It’s an assignment. One of those you will wait until it is
due the next day then you hurriedly type down your thoughts, save and head to
the printer, a normal day of someone yearning to get the paper and get done
with school. But not this one, however. It requires you to picture yourself in
the next twenty years, assuming you plan to live right into the edge of life
(old age) and die peacefully in your sleep. Also, you will have to picture how
to change the world as an intellectual too assuming that there are things
around you that need change too.
It is easier to picture about one’s life in the next twenty
years. For me, I intend to have completed at least two PhDs, should have had a
family housed in a home that no one checks in every month to demand rent, a car
to ferry my family around as well as myself. Nothing much, but a simple life
devoid of wars with the ecosystem.
But how about the society? Of course every right thinking
member knows that the crucial element of the society, which is politics, is wrong
and needs to be fixed as soon as possible. In the next twenty years it is more
likely that we will still be voting against tribal lines as opposed to
ideologies, still battling corruption as opposed to hunger and diseases…..so
much. Even then, it is more likely that a high number of Kenyans shall have at
least attained college education.
It is quite sad that learned people are lauding blatant
abuse of the rule of law, even when they are lawyers who should know better. Having
a conversation with a university student comes with great risk such as brain
hemorrhage when it comes to important matters such as the direction of our
country. Personally, an ideal country should be one that feeds its people,
provide adequate and quality healthcare services to its people, equal and
adequate opportunities for everyone, fidelity to the rule of law, justice and
fairness, education and infrastructure.

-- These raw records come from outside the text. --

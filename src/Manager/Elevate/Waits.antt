-- ===== src/Manager/Elevate/Waits.antt =====
-- Elevate of manager_windows.go: it closes the process that it started, and its wait ends.
use native.Mathlib.Decide.{dec_lt}
use winsvr.Base.{
  ℕ, ◌+◌, ◌≤◌, ◌<◌, ◌⊎◌, zero, suc, ◌≡◌, refl, Option, none, some, List, [], ◌∷◌, ◌==◌, arith,
  Option-cases, inl, inr, Bool-cases,
}
use winsvr.Base.Bytes.{Bytes}
use winsvr.Go.Error.{Error, wrap, Result, ok, err}
use winsvr.Go.World.{Env, World, next, Resource}
use winsvr.Go.Os.{ctx_err}
use winsvr.Session.Windows.{
  Windows, ShellExecuteInfo, shell_execute, wait_for_object, process_of, read, release, named,
  rename, failed, get_exit_code,
}
use winsvr.Session.Handles.{Trades, Trades-next, Trades-acquire, Trades-release}
use winsvr.Session.Console.{settled}
use winsvr.Session.Process.{settle, wait_object_0}
use winsvr.Manager.Elevate.{
  run_elevated, after_elevated, wait_elevated, await_elevated, run_again, elevate,
  shell_execute_info, join_args, escape_all,
}

module _ (os : Windows) (env : Env) where
  wait_elevated-Trades : (fuel h : ℕ) (w : World) → Trades [] [] w (wait_elevated os env fuel h w).1
  unfolding wait_elevated after_elevated settle named rename read ctx_err
  wait_elevated-Trades zero h w r = refl
  wait_elevated-Trades (suc fuel) h w r = ground (
    arith,
    Trades-next w r,
    Trades-next (next w) r,
    wait_elevated-Trades fuel h (next (next w)) r,
  )

  abbrev started : Result (Option ℕ) → List Resource
  started (ok (some h)) = process_of h ∷ []
  started _ = []

  run_elevated-Trades :
      (info : ShellExecuteInfo) (w : World)
      → Trades [] (started (run_elevated os info w).0) w (run_elevated os info w).1
  unfolding run_elevated
  run_elevated-Trades info w = elim (Option-cases (os.answer w.tick (shell_execute info))) [
    | inr (n, bad) ↦ rw (run_elevated, bad) (Trades-next w)
    | inl fine ↦ elim (Bool-cases (os.handle w.tick == 0)) [
      | inl nothing ↦ rw (run_elevated, fine, nothing) (Trades-next w)
      | inr some_handle ↦
          rw (run_elevated, fine, some_handle) (Trades-acquire (process_of (os.handle w.tick)) w)
    ]
  ]

  await_elevated-Trades :
      (fuel : ℕ) (r : Result (Option ℕ)) (w : World)
      → Trades (started r) [] w (await_elevated os env fuel r w).1
  unfolding await_elevated release
  await_elevated-Trades fuel (err e) w h = refl
  await_elevated-Trades fuel (ok none) w h = refl
  await_elevated-Trades fuel (ok (some x)) w h =
      let w' = (wait_elevated os env fuel x w).1 in
      omega (arith, wait_elevated-Trades fuel x w h, Trades-release (process_of x) w' h)

  run_again-Trades :
      (escape_arg : Bytes → Bytes) (wd : Bytes) (executable : Result Bytes) (fuel : ℕ)
      (args : List Bytes) (w : World)
      → Trades [] [] w (run_again os env escape_arg wd executable fuel args w).1
  unfolding run_again
  run_again-Trades escape_arg wd (err e) fuel args w h = refl
  run_again-Trades escape_arg wd (ok exe) fuel args w h =
      let info = shell_execute_info exe (join_args (escape_all escape_arg args)) wd in
      let r = run_elevated os info w in
      omega (arith, run_elevated-Trades info w h, await_elevated-Trades fuel r.0 r.1 h)

  elevate-Trades :
      (escape_arg : Bytes → Bytes) (wd : Bytes) (executable : Result Bytes) (fuel : ℕ)
      (args : List Bytes) (w : World)
      → Trades [] [] w (elevate os env escape_arg wd executable fuel args w).1
  unfolding elevate
  elevate-Trades escape_arg wd executable fuel args w h =
      ground
        (arith, Trades-next w h, run_again-Trades escape_arg wd executable fuel args (next w) h)

  -- From the tick `stopped` on the context is done, or Windows says that the process has ended.
  abbrev pub IsOver : ℕ → Type 0
  IsOver stopped =
      ((t : ℕ) → stopped ≤ t → (e : Error) × (env.ctx_err t ≡ some e))
      ⊎ ((t : ℕ) → stopped ≤ t → os.wait_event t ≡ wait_object_0)

  over-cases :
      (stopped : ℕ)
      → IsOver stopped
      → (t : ℕ)
      → (t < stopped)
        ⊎ ((os.wait_event t ≡ wait_object_0) ⊎ ((e : Error) × (env.ctx_err (t + 1) ≡ some e)))
  over-cases stopped over t = elim (dec_lt t stopped) [
    | yes before ↦ inl before
    | no after ↦ elim over [
      | inl done ↦ inr (inr (done (t + 1) (omega (arith, after))))
      | inr ended ↦ inr (inl (ended t (omega (arith, after))))
    ]
  ]

  wait_elevated_ends :
      (stopped : ℕ)
      → IsOver stopped
      → (fuel h : ℕ) (w : World) → 0 < fuel
      → stopped < fuel + w.tick
      → (r : Result ℕ) × ((wait_elevated os env fuel h w).0 ≡ settled r)
  unfolding wait_elevated after_elevated settle read ctx_err next
  wait_elevated_ends stopped over zero h w positive enough = absurd (omega arith)
  wait_elevated_ends stopped over (suc fuel) h w positive enough =
      elim (Option-cases (os.answer w.tick (wait_for_object (process_of h)))) [
        | inr (n, bad) ↦ (err (failed os n), ground (arith, bad))
        | inl fine ↦ elim (Bool-cases (os.wait_event w.tick == wait_object_0)) [
          | inl ended ↦ (
            (named os (wrap "GetExitCodeProcess: %w" [])
                (read os (get_exit_code (process_of h)) os.exit_code) (next w)).0,
            ground (arith, fine, ended),
          )
          | inr running ↦ elim (Option-cases (env.ctx_err (w.tick + 1))) [
            | inr (e, done) ↦ (err e, ground (arith, fine, running, done))
            | inl live ↦
                let before : w.tick < stopped = elim (over-cases stopped over w.tick) [
                  | inl before ↦ before
                  | inr (inl ended) ↦ absurd (ground (arith, ended, running))
                  | inr (inr (e, done)) ↦ absurd (ground (arith, done, live))
                ] in
                let (r, e) =
                  wait_elevated_ends stopped over fuel h (next (next w)) (omega arith)
                    (omega arith) in
                (r, ground (arith, fine, running, live, e))
          ]
        ]
      ]

  await_elevated_settled :
      (stopped fuel : ℕ)
      → IsOver stopped
      → stopped < fuel
      → (x : Result (Option ℕ)) (w : World)
      → (r : Result ℕ) × ((await_elevated os env fuel x w).0 ≡ settled r)
  unfolding await_elevated
  await_elevated_settled stopped fuel over enough (err e) w = (err e, refl)
  await_elevated_settled stopped fuel over enough (ok none) w = (ok 0, refl)
  await_elevated_settled stopped fuel over enough (ok (some h)) w =
      wait_elevated_ends stopped over fuel h w (omega (arith, enough)) (omega (arith, enough))

  run_again_settled :
      (escape_arg : Bytes → Bytes) (wd : Bytes) (executable : Result Bytes) (stopped fuel : ℕ)
      → IsOver stopped
      → stopped < fuel
      → (args : List Bytes) (w : World)
      → (r : Result ℕ) × ((run_again os env escape_arg wd executable fuel args w).0 ≡ settled r)
  unfolding run_again
  run_again_settled escape_arg wd (err e) stopped fuel over enough args w = (err e, refl)
  run_again_settled escape_arg wd (ok exe) stopped fuel over enough args w =
      let info = shell_execute_info exe (join_args (escape_all escape_arg args)) wd in
      let started_now = run_elevated os info w in
      await_elevated_settled stopped fuel over enough started_now.0 started_now.1

  -- Elevate closes the process that it starts, if it starts one, on every path. It returns with any
  -- fuel that exceeds `stopped`, if from that tick on its context is done, or Windows says that the
  -- process has ended.
  pub elevate_ends :
      (escape_arg : Bytes → Bytes) (wd : Bytes) (executable : Result Bytes) (stopped fuel : ℕ)
      → IsOver stopped
      → stopped < fuel
      → (args : List Bytes) (w : World)
      → Trades [] [] w (elevate os env escape_arg wd executable fuel args w).1
        × ((r : Result ℕ) × ((elevate os env escape_arg wd executable fuel args w).0 ≡ settled r))
  unfolding elevate
  elevate_ends escape_arg wd executable stopped fuel over enough args w = (
    elevate-Trades escape_arg wd executable fuel args w,
    elim (Bool-cases (os.is_elevated w.tick)) [
      | inl already ↦ (ok 0, ground (arith, already))
      | inr plain ↦
          let (r, e) =
            run_again_settled escape_arg wd executable stopped fuel over enough args (next w) in
          (r, ground (arith, plain, e))
    ],
  )
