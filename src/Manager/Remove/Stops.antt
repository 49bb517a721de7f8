-- ===== src/Manager/Remove/Stops.antt =====
-- stopAndWait of manager_windows.go ends, and says that a service has stopped only if it has.
use winsvr.Base.{
  ℕ, zero, suc, ◌+◌, ◌*◌, ◌≤◌, ◌<◌, ◌≡◌, ◌⊎◌, inl, inr, Bool-cases, ltb, refl, Bool, true, false,
  Option, none, some, arith, ◌==◌,
}
use winsvr.Base.Int.{pos}
use winsvr.Base.Bytes.{Bytes}
use winsvr.Go.Error.{Error, errors_is}
use winsvr.Backoff.{millisecond}
use winsvr.Framework.Config.{stopped}
use winsvr.Manager.Calls.{
  succeeded, is_delete, Scm, Transcript, ask, control_stop, sleep_between, service_not_active,
}
use winsvr.Manager.Remove.{
  settled, carries_state, is_inactive, stop_error, stop_loop, stop_and_wait, stop_wait,
}

module _ (scm : Scm) (name : Bytes) where
  -- At some control between the two states the service reported that it is stopped, or that it does
  -- not run.
  abbrev pub HasStopped : Transcript → Transcript → Type 0
  HasStopped s s' =
      (t : ℕ) × (s.tick ≤ t)
      × (t < s'.tick)
      × ((scm.state t ≡ stopped)
          ⊎ ((e : Error) × (scm.answer t control_stop ≡ some e)
              × (errors_is e service_not_active ≡ true)))

  -- The state after a round that does not end the loop.
  abbrev slept : Transcript → Transcript
  slept s = (ask scm (sleep_between (pos (300 * millisecond))) (ask scm control_stop s).1).1

  is_inactive-some :
      (o : Option Error)
      → is_inactive scm name o ≡ true
      → (e : Error) × (o ≡ some e) × (errors_is e service_not_active ≡ true)
  unfolding is_inactive
  is_inactive-some none h = absurd (cc)
  is_inactive-some (some e) h = (e, refl, h)

  loop_stopped :
      (fuel deadline : ℕ) (s s' : Transcript)
      → stop_loop scm name fuel deadline s ≡ (settled true none, s')
      → HasStopped s s'
  unfolding stop_loop ask
  loop_stopped zero deadline s s' h = absurd (ground (arith, h))
  loop_stopped (suc fuel) deadline s s' h =
      elim (Bool-cases (is_inactive scm name (scm.answer s.tick control_stop))) [
        | inl off ↦ (s.tick, omega arith, ground (arith, h, off), inr (is_inactive-some _ off))
        | inr on ↦ elim (Bool-cases (scm.state s.tick == stopped)) [
          | inl done ↦
              (s.tick, omega arith, ground (arith, h, on, done), inl (ground (arith, done)))
          | inr runs ↦
              let (t, after, before, seen) =
                loop_stopped fuel deadline (slept s) s' (ground (arith, h, on, runs)) in
              (t, omega (arith, after), before, seen)
        ]
      ]

  -- stopAndWait reports a stopped service only if, at one of its requests, the service was reported
  -- as stopped or as not running: one that refuses the request while it starts is not taken for one.
  pub stop_and_wait_sound :
      (fuel : ℕ) (s s' : Transcript)
      → stop_and_wait scm name fuel s ≡ (settled true none, s')
      → HasStopped s s'
  unfolding stop_and_wait
  stop_and_wait_sound fuel s s' h = loop_stopped fuel _ s s' h

  -- The loop deletes nothing.
  stop_loop-deletes :
      (fuel deadline : ℕ) (s : Transcript)
      → succeeded is_delete (stop_loop scm name fuel deadline s).1.calls
        ≡ succeeded is_delete s.calls
  unfolding stop_loop ask
  stop_loop-deletes zero deadline s = refl
  stop_loop-deletes (suc fuel) deadline s =
      ground (arith, stop_loop-deletes fuel deadline (slept s))

  pub stop_and_wait-deletes :
      (fuel : ℕ) (s : Transcript)
      → succeeded is_delete (stop_and_wait scm name fuel s).1.calls ≡ succeeded is_delete s.calls
  unfolding stop_and_wait
  stop_and_wait-deletes fuel s = stop_loop-deletes fuel _ s

  -- A round ends the loop, or the rest of the loop does.
  round_ends :
      (fuel deadline : ℕ) (s : Transcript)
      → (ltb (scm.clock (s.tick + 1)) deadline ≡ true
          → (b : Bool) × (o : Option Error) × ((stop_loop scm name fuel deadline (slept s)).0
              ≡ settled b o))
      → (b : Bool) × (o : Option Error) × ((stop_loop scm name (suc fuel) deadline s).0
          ≡ settled b o)
  unfolding stop_loop ask
  round_ends fuel deadline s next =
      let cerr = scm.answer s.tick control_stop in
      elim (Bool-cases (is_inactive scm name cerr)) [
        | inl off ↦ (true, none, ground (arith, off))
        | inr on ↦ elim (Bool-cases (carries_state scm name cerr)) [
          | inr refused ↦ (false, stop_error scm name cerr, ground (arith, on, refused))
          | inl told ↦ elim (Bool-cases (scm.state s.tick == stopped)) [
            | inl done ↦ (true, none, ground (arith, on, told, done))
            | inr runs ↦ elim (Bool-cases (ltb (scm.clock (s.tick + 1)) deadline)) [
              | inr late ↦ (false, none, ground (arith, on, told, runs, late))
              | inl early ↦
                  let (b, o, rest) = next early in
                  (b, o, ground (arith, on, told, runs, early, rest))
            ]
          ]
        ]
      ]

  module _ (ticks : (t : ℕ) → scm.clock t + 300 * millisecond ≤ scm.clock (t + 1 + 1)) where
    loop_ends :
        (fuel deadline : ℕ) (s : Transcript)
        → deadline ≤ scm.clock (s.tick + 1) + fuel * (300 * millisecond)
        → (b : Bool) × (o : Option Error) × ((stop_loop scm name (suc fuel) deadline s).0
            ≡ settled b o)
    unfolding ask
    loop_ends zero deadline s h =
        round_ends zero deadline s λ early. absurd (ground (arith, early, h))
    loop_ends (suc fuel) deadline s h = round_ends (suc fuel) deadline s λ early.
        let later : scm.clock (s.tick + 1) + 300 * millisecond ≤ scm.clock ((slept s).tick + 1) =
          ticks (s.tick + 1) in
        loop_ends fuel deadline (slept s) (omega (arith, h, later))

    -- Where each sleep takes at least 300 ms, stopAndWait ends after at most 68 requests.
    pub stop_and_wait_ends :
        (fuel : ℕ) (s : Transcript)
        → 68 ≤ fuel
        → scm.clock s.tick ≤ scm.clock (s.tick + 1)
        → (b : Bool) × (o : Option Error) × ((stop_and_wait scm name fuel s).0 ≡ settled b o)
    unfolding stop_and_wait
    stop_and_wait_ends zero s enough forward = absurd (omega (arith, enough))
    stop_and_wait_ends (suc fuel) s enough forward =
        loop_ends fuel (scm.clock s.tick + stop_wait) s (omega (arith, enough, forward))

None of these things ever come out of a
university student.
The country has slowly entrenched a system where laziness is
glorified, theft cheered upon, lack common sense enshrined in peoples DNA. The
leaders have been active proponents of these backward ideals. Once in power, it
is almost certain that their IQ rapidly races to a single digit. Their
utterances make one cringe with shame, questioning if one should actually be
proud of their country or not.
The youth are the ones who should be at the forefront in
changing the ideals, just as others before them did when championing for
democracy. It’s a wonder that one studies critical thinking as a core unit,
studying the arguments of Socrates without examining their own lives. Instead,
they bury their heads in gambling websites and scream about ‘mtu wetu.’ Such a
shame.
In the next twenty years, Kenya should not be grappling with
the same issues that it has since independence. The youth should be at the
forefront in ensuring that it is better than they found it. If you are twenty years old now, in the next
twenty years you will be forty and probably with a kid, a teenager perhaps, and
you may be wondering where to take them next. If you don’t prepare the world
for them today by demanding the best from yourself, then your neighbor, then
the government, then of course you will find yourself swimming in the murky
waters that you prepared yourself.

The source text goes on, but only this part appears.